Searching and retrieval performance of search engines: a comparative study SangeetaNarang Librarian, All India Institute of Medical Sciences, New Delhi firstname.lastname@example.org
ABSTRACT Objective: This study was undertaken to investigate the number of hits and types of sources of information retrieved by searching for sample queries drawn from real reference questions on the search engine over Internet.
Study design: The Google, Yahoo!, and Bing (previously MSN) search engines were used to search for the single terms, multiple term queries, boolean logic, and phrase search capabilities. The first forty results retrieved for the “health literacy” search term was examined and thereafter, Information regarding the organization or individuals sponsoring the websites was compared based on domain study.
Results: Number of hits was high and sponsorship was significantly different among each search engine. Many of the websites were Commercial, Non-Government agencies, few from Government organizations and Educational institutes.
Conclusion: As the Internet has become frequently used source of information, Librarians should consider the best ways to disseminate best educational information to the users amidst insurmountable websites.
INTRODUCTION Search engines are defined as a remotely accessible program that lets you do keyword searches for the information on the internet. There are several types of search engines the search may cover titles of documents, URL’s, headers or the full text. (www.ameris.co.uk/glossary_of_terms.cfm)
COMPONENTS OF SEARCH ENGINE Search engine constitute the web crawlers called the spiders or the robots .They visit remote sites download their contents for indexing. While indexing the program they create an outline of the document by stripping out all the headers and then takes the first 20 % or 20 lines whichever is smaller as an excerpt or abstract. Statistically more salient terms in the document are taken as keywords. In this way a highly efficient data structure, a tree/ Index is generated that is associated with the specific webpage. So whenever a user submits a query it is this inverted index that is searched. Various search engines accepts queries as a simple text and breaks the users text into a sequence of search terms.
TYPES OF SEARCH ENGINE There are various types of search engines: General search engines: They have their own index of documents and web pages which is generated by their web crawlers e.g. Yahoo, Google, Bing, Ask.com, Lycos, Altavista. Metasearch engines: They combine the searches of multiple search engines and then deliver the results Mamma, Dogpile, Clusty, Kartoo Specialty search engines: They have indexes on a specific field and provide an in depth coverage e.g. PubMed, Scirus.

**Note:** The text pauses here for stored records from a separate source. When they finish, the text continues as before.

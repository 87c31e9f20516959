-- ===== src/Release/Run.antt =====
-- `run` of internal/release/release.go.
pub mod Guarded
pub mod Published
pub mod Metadata
pub mod Search
use cross_session_codex.Common.{
  ℕ, zero, suc, Bool, true, false, not, ◌&&◌, ◌||◌, ◌+◌, List, [], ◌∷◌, ◌++◌, Option, none, some,
  ltb, leb, ◌==◌, if◌then◌else◌, length, Bytes, codes, String,
}
use cross_session_codex.Bytes.{same_bytes, is_nothing, trim}
use cross_session_codex.Release.Tag.{valid_tag}
use cross_session_codex.Path.{
  join, dir, clean, is_abs, rel, stays_below, starts_with, elements, put_together,
}
use cross_session_codex.Release.Outside.{
  FileKind, regular_file, symbolic_link, Call, git, go, absolute, resolve, lstat, read_file,
  make_parents, make_stage, make_dir, remove_all, export_source, make_archive, digest_file,
  write_manifest, write_checksums, cancelled, publish_directory, rename, Reply, fails, absent, says,
  found, Act, ask, pure, stop, lift, require, text, need, each, collect, deferred, ◌>>=◌, ◌>>◌,
}
use cross_session_codex.Release.Source.{
  SourceState, Options, Target, Manifest, metadata, inspect_source, words,
}
use cross_session_codex.Release.Source.Environment.{build_environment}
use cross_session_codex.Path.{base}
use cross_session_codex.Release.Checks.{
  flag_count, mode_count, sound_options, root_of, repository_root, check_toolchain, existing_reply,
  existing, join_all, metadata_dir, outside_all, safe_output, is_replaceable,
  check_build_destination,
}

abbrev pub raw_name : Target → Bytes
raw_name t = codes "cross-session-codex-" ++ t.os ++ b'-' ∷ t.arch

abbrev pub target_of : String → String → Target
target_of os arch = record {
  os = codes os;
  arch = codes arch;
  archive = [];
  archive_sha256 = [];
  binary_sha256 = [];
}

abbrev pub release_targets : List Target
release_targets =
    target_of "darwin" "amd64"
    ∷ target_of "darwin" "arm64"
    ∷ target_of "linux" "amd64"
    ∷ target_of "linux" "arm64"
    ∷ []

-- What is fixed once the stage exists.
pub record Setup : Type 0 where
  pub root : Bytes
  pub before : SourceState
  pub manifest : Manifest
  pub output : Bytes
  pub stage : Bytes

abbrev pub packaging : Options → Bool
packaging o = not o.build && not o.cross_build

abbrev pub is_link : Reply → Bool
is_link (found symbolic_link) = true
is_link fails = true
is_link _ = false

abbrev pub is_absent : Reply → Bool
is_absent absent = true
is_absent _ = false

-- if condition { … }
abbrev pub when : Bool → Act (Unit {0}) → Act (Unit {0})
when b m = if b then m else pure tt

unfoldable pub set_up : (Bytes → Bytes) → List Bytes → Options → Act Setup
set_up digest environ o = require (sound_options o) >> repository_root o.source >>= λ root.
    inspect_source digest root [] >>= λ before. lift (metadata before o) >>= λ manifest.
    check_toolchain environ root >> text (absolute o.output) >>= λ given.
    when o.cross_build (ask (lstat (clean given)) >>= λ reply. require (not (is_link reply)))
    >> safe_output root (clean given)
    >>= λ output.
        when (packaging o) (ask (lstat output) >>= λ reply. require (is_absent reply))
        >> (let parent : Bytes = if o.cross_build then output else dir output in
            need (make_parents parent) >> text (resolve parent) >>= λ resolved.
            text (make_stage resolved) >>= λ stage. pure (record {
              root = root;
              before = before;
              manifest = manifest;
              output = if o.cross_build then resolved else join resolved (base output);
              stage = stage;
            }))

abbrev pub work_of : Setup → Bytes
work_of s = join s.stage (codes "work")

abbrev pub artifacts_of : Setup → Bytes
artifacts_of s = join s.stage (codes "artifacts")

abbrev pub destination_of : Options → Setup → Target → Bytes
destination_of o s t = if o.cross_build then join s.output (raw_name t) else s.output

abbrev pub flags_of : Manifest → Bytes
flags_of m =
    codes "-buildid= -X github.com/Tristan-Wilson/cross-session-codex/internal/bridge.Version="
    ++ (m.version
        ++ codes " -X github.com/Tristan-Wilson/cross-session-codex/internal/bridge.BuildCommit=")
    ++ m.source_commit

unfoldable pub compile :
    List Bytes → (ℕ → Bytes) → Bytes → Bytes → Target → Manifest → Act (Unit {0})
compile environ print_date root output t m = need (
    go root (build_environment environ t.os t.arch) (
      words ("build" ∷ "-mod=readonly" ∷ "-trimpath" ∷ "-buildvcs=false" ∷ "-ldflags" ∷ [])
      ++ (flags_of m
          ++ codes " -X github.com/Tristan-Wilson/cross-session-codex/internal/bridge.BuildDate="
          ++ print_date m.build_date)
        ∷ codes "-o"
        ∷ output
        ∷ codes "./cmd/cross-session-codex"
        ∷ []))

abbrev pub archive_name : Manifest → Target → Bytes
archive_name m t =
    codes "cross-session-codex_"
    ++ m.version
    ++ codes "_"
    ++ t.os
    ++ codes "_"
    ++ t.arch
    ++ codes ".tar.gz"

abbrev pub pack : Setup → Bytes → Bytes → Target → Act Target
pack s build_root binary t =
    need (make_archive (join (artifacts_of s) (archive_name s.manifest t)) binary build_root)
    >> text (digest_file (join (artifacts_of s) (archive_name s.manifest t)))
    >>= λ sum. pure (record t { archive = archive_name s.manifest t; archive_sha256 = sum })

abbrev pub make_target : List Bytes → (ℕ → Bytes) → Options → Setup → Bytes → Target → Act Target
make_target environ print_date o s build_root t =
    compile environ print_date build_root (join (work_of s) (raw_name t)) t s.manifest
    >> text (digest_file (join (work_of s) (raw_name t)))
    >>= λ sum.
        (let made : Target = record t { binary_sha256 = sum } in
          if packaging o then pack s build_root (join (work_of s) (raw_name t)) made else pure made)

abbrev pub targets_of : Target → Options → List Target
targets_of native o = if o.build then native ∷ [] else release_targets

abbrev pub build_root_of : Setup → Bytes
build_root_of s = if s.manifest.release then join (work_of s) (codes "source") else s.root

-- Everything before the last look at the source.
unfoldable pub build_all : List Bytes → (ℕ → Bytes) → Target → Options → Setup → Act (List Target)
build_all environ print_date native o s =
    need (make_dir (work_of s))
    >> need (make_dir (artifacts_of s))
    >> when s.manifest.release (need (export_source (build_root_of s) s.before.commit))
    >> when (not (packaging o))
        (each (λ t. check_build_destination s.root (destination_of o s t)) (targets_of native o))
    >> collect (make_target environ print_date o s (build_root_of s)) (targets_of native o)
    >>= λ made.
        when (packaging o) (
          need (write_manifest (join (artifacts_of s) (codes "release.json")))
          >> need (write_checksums (join (artifacts_of s) (codes "SHA256SUMS"))))
        >> pure made

unfoldable pub publish : Target → Options → Setup → Act (Unit {0})
publish native o s =
    if packaging o
    then need (publish_directory (artifacts_of s) s.output)
    else each
        (λ t.
          check_build_destination s.root (destination_of o s t)
          >> need (rename (join (work_of s) (raw_name t)) (destination_of o s t)))
        (targets_of native o)

unfoldable pub finish : (Bytes → Bytes) → Target → Options → Setup → List Target → Act Manifest
finish digest native o s made = inspect_source digest s.root s.stage >>= λ after.
    require (same_bytes s.before.fingerprint after.fingerprint)
    >> need cancelled
    >> publish native o s
    >> pure (record s.manifest { targets = made })

unfoldable pub run : (Bytes → Bytes) → (ℕ → Bytes) → List Bytes → Target → Options → Act Manifest
run digest print_date environ native o = set_up digest environ o >>= λ s.
    deferred (remove_all s.stage)
      (build_all environ print_date native o s >>= λ made. finish digest native o s made)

MATERIALS AND METHODS The following seven terms were chosen for study Health, Literacy as single term, Health literacy as multiple term, Health AND Literacy used as boolean operator, Role of health sciences librarian as phrase Role of librarians in health literacy as phrase Health Literacy in quotes as combined search
FINDINGS Number of hits retrieved for each search term
List of first ten websites retrieved for health Literacy by three search engines
Distributions of sponsorship of websites retrieved by search engines are
There is wide variation in Internet use and search strategy. Web users spend a lot of their time using search engine to locate material on the vast and unorganized web. According to Visualization and Usability Center user survey about 85% of users use search engine to locate information. There is a strong competition among various search engines where each search engine is striving harder to outperform the other search engines either by expanding their coverage or by adding more features. Since search engine existence the merging, break over and takeover have been witnessed. For example Ask.com is formed by the merging of Ask Jeeves and Teoma. In the study it was observed that each search engine gives different result for the search terms. By examining the single word search for Health and for Literacy the hits were more in case of Yahoo followed by Google and then Bing. While the multiword term Health Literacy again yahoo search results are more. But number of hits was less than single word search. When “health Literacy” in quotes is considered than Bing search engine shows more results while Google the least. Again boolean term Health and Literacy yahoo search results are more phrase search for Role of Health Sciences Librarian term Yahoo is ahead. When Role of librarians and the operator + with Literacy used Google leads in search results followed by Yahoo and Bing. It is observed that with the increase in numbers of query term the outcome is affected. When the websites of the first forty hits for health literacy was studied it was observed that there are sponsored sites, commercial sites, nongovernmental sites, educational sites. The percentage of non government organizations and commercial organizations was high as compared to others. Further it was found that there are changes in hits and number of returned documents over a period of time. The searches in yahoo India is different from yahoo also the number of hits is the estimate number of index terms. There does exist limitation for all the related websites are not possible to be studied, it is just the pilot study to seek the searching and retrieval behavior of search engine.
Single term queries return very high number of hits in each search engine. Multiple terms lead to less number of hits. Secondly, Health is more sought out term over the search engine than Literacy. Finally librarians will play a very important role in refining the search strategy in finding the most appropriate source of information among abundant resources where sponsorship of websites has to be taken care off.